Below are entries. Copy exactly the lines running from the line that holds "replies = unreachable" to the line that holds "started).jobs ≡ [])", with both ends included.

## Source data
■ ■ ■ ■ ■ ■ ■

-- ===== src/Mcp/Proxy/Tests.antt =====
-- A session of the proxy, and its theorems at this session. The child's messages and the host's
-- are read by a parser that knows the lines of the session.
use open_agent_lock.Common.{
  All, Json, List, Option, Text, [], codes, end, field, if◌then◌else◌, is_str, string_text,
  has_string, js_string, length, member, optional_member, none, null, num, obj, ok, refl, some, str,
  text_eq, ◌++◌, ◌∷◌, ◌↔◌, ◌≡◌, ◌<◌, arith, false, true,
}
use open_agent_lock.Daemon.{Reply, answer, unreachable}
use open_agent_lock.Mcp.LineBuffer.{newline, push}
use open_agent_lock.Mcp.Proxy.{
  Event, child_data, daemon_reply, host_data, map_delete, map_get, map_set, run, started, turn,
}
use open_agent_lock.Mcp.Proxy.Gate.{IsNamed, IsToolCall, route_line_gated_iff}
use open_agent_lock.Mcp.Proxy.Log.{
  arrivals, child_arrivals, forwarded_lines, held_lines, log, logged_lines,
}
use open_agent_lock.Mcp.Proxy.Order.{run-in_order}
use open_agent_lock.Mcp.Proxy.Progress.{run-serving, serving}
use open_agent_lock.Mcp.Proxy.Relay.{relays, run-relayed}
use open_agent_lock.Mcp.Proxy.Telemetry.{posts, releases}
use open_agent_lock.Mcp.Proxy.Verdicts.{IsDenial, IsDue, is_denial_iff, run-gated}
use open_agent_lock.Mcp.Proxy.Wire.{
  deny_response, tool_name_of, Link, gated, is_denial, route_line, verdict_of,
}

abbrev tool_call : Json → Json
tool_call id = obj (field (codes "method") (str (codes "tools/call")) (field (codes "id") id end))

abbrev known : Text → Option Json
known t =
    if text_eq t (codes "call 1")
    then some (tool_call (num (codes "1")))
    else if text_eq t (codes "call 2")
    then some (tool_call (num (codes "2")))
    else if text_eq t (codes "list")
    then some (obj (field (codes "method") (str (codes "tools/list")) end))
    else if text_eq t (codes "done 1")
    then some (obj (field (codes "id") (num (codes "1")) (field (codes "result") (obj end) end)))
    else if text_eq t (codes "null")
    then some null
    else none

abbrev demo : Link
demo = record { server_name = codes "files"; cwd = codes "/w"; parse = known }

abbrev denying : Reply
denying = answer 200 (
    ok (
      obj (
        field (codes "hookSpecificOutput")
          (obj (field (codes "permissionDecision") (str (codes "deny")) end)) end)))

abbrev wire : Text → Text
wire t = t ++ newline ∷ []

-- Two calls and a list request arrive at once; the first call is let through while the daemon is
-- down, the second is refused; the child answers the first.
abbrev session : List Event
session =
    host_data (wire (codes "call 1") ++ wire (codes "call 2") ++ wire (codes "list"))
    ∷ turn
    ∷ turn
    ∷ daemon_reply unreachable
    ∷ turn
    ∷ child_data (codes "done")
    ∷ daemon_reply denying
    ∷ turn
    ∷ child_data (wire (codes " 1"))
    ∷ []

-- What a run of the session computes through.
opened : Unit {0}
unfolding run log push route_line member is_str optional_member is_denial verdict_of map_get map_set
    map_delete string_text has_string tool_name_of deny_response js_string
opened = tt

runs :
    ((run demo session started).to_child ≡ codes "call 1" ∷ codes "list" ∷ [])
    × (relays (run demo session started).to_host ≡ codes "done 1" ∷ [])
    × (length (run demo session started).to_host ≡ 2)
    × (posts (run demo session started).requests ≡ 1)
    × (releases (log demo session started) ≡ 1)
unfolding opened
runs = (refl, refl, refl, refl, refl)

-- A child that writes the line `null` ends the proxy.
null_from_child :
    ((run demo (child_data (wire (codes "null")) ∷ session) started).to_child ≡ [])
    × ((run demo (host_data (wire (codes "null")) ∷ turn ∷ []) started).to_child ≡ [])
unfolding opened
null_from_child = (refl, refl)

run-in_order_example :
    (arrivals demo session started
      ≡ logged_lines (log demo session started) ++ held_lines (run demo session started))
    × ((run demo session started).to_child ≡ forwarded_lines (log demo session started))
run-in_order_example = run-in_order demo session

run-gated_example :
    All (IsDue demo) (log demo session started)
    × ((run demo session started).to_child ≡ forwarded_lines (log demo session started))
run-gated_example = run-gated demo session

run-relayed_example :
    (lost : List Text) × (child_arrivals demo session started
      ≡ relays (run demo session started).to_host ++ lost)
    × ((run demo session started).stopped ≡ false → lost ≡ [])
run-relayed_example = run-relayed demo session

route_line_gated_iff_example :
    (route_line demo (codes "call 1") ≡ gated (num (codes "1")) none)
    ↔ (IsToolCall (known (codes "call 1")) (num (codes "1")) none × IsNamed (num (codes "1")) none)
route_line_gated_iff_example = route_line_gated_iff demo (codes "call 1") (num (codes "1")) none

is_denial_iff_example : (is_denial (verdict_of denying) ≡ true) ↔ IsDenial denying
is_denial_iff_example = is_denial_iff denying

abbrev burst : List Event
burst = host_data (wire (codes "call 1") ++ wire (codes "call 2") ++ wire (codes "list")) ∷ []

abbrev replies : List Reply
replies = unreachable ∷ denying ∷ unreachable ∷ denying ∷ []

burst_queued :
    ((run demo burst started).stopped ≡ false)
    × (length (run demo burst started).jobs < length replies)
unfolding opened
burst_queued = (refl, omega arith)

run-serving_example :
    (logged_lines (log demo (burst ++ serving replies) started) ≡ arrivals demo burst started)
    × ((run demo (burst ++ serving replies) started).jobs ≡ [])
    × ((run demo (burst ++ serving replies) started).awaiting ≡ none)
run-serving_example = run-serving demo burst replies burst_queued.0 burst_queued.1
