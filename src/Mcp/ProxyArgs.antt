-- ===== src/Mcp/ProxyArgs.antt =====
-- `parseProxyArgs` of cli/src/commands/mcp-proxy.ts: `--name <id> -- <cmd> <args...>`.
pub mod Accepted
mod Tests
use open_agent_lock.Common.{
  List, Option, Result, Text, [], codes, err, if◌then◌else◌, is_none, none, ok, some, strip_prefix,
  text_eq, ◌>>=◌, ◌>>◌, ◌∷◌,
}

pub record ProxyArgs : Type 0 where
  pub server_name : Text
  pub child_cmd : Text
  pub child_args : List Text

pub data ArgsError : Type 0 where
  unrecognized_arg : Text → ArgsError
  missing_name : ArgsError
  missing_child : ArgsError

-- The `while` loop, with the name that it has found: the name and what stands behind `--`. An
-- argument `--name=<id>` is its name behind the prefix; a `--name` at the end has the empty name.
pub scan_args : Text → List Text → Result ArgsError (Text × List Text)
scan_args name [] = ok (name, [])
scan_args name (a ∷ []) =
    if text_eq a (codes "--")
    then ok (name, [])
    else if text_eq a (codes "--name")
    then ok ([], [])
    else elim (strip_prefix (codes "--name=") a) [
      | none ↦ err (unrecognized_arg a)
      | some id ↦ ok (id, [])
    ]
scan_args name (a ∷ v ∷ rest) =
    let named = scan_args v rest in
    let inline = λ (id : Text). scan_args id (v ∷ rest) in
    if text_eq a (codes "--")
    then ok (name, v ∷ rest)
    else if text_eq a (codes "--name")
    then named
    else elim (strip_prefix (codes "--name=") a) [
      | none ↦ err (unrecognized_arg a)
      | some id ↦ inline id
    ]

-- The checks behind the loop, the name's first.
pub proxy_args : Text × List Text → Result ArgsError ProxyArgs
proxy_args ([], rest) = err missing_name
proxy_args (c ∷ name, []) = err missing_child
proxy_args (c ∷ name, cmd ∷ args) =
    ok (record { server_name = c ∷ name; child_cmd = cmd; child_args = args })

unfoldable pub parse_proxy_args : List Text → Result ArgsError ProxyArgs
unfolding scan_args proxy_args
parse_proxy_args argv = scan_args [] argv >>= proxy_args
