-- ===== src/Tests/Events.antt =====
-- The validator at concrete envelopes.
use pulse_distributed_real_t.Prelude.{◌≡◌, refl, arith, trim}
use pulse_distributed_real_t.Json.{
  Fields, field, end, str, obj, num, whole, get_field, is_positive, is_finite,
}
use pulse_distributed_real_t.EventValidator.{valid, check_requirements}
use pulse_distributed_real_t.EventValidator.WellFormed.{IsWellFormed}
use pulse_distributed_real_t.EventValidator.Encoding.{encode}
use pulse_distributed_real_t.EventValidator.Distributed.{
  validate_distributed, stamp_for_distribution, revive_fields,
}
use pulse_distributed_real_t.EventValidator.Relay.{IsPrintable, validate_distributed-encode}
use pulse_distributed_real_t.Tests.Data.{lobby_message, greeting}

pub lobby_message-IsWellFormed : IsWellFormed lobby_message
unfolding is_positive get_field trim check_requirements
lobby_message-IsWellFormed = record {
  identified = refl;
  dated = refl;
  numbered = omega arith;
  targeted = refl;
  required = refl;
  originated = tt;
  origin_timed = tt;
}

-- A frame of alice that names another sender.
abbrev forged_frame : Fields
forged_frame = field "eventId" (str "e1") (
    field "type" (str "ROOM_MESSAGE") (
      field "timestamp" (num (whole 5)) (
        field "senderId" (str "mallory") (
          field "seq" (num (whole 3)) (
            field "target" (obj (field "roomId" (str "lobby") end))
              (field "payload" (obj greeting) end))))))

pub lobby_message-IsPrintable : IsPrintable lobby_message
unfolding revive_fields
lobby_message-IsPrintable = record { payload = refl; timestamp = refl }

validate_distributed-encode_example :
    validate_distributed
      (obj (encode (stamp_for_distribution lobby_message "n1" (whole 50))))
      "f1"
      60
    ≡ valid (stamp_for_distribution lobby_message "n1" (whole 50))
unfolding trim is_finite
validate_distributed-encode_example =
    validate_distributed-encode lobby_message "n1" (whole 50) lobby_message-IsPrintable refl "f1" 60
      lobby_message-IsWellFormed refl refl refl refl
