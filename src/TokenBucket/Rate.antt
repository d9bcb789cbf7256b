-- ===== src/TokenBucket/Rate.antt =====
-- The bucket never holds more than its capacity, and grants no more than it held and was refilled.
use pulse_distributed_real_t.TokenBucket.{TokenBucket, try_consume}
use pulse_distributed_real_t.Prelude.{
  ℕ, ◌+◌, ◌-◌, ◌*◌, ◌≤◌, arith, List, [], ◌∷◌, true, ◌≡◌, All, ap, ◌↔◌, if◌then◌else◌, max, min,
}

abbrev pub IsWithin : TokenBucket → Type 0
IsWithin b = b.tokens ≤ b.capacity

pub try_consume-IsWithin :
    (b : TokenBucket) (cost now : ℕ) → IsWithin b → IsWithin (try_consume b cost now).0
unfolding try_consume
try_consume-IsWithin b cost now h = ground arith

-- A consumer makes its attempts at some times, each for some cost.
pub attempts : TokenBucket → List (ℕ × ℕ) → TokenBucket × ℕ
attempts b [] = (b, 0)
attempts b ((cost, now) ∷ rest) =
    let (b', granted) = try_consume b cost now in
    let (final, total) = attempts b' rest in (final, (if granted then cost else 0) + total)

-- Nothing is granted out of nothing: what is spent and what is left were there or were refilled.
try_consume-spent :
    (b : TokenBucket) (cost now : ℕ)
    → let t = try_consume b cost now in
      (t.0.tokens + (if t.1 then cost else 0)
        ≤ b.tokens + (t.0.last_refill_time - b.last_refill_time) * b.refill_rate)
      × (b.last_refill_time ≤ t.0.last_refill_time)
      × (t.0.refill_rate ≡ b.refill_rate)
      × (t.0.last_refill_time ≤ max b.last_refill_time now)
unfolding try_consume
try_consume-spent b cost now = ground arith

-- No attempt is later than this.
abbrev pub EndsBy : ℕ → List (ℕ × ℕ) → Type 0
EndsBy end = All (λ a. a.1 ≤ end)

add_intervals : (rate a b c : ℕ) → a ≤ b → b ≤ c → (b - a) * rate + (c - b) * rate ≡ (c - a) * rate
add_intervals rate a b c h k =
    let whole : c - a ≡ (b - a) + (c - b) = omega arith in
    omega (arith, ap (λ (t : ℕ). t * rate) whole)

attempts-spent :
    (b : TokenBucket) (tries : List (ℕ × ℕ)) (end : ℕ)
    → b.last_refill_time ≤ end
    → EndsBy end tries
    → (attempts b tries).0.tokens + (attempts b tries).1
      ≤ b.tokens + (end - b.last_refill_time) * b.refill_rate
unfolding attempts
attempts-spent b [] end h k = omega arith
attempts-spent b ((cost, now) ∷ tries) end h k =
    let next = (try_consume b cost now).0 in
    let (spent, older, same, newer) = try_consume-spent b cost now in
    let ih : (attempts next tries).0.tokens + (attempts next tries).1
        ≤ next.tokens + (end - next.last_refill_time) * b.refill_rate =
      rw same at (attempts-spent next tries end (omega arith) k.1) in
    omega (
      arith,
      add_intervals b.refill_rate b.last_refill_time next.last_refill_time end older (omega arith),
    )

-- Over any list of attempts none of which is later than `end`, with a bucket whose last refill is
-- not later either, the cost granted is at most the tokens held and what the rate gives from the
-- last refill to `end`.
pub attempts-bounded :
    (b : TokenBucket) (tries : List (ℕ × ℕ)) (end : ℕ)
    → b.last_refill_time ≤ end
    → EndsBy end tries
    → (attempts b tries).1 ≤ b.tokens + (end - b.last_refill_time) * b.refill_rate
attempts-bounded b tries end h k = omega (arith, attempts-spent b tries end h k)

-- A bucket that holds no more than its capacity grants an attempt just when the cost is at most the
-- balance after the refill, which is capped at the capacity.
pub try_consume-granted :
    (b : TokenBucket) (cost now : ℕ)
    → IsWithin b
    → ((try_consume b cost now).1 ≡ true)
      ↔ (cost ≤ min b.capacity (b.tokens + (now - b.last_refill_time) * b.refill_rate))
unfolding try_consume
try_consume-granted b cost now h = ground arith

■ ■ ■ ■ ■ ■ ■

## Written solution
replies = unreachable ∷ denying ∷ unreachable ∷ denying ∷ []

burst_queued :
    ((run demo burst started).stopped ≡ false)
    × (length (run demo burst started).jobs < length replies)
unfolding opened
burst_queued = (refl, omega arith)

run-serving_example :
    (logged_lines (log demo (burst ++ serving replies) started) ≡ arrivals demo burst started)
    × ((run demo (burst ++ serving replies) started).jobs ≡ [])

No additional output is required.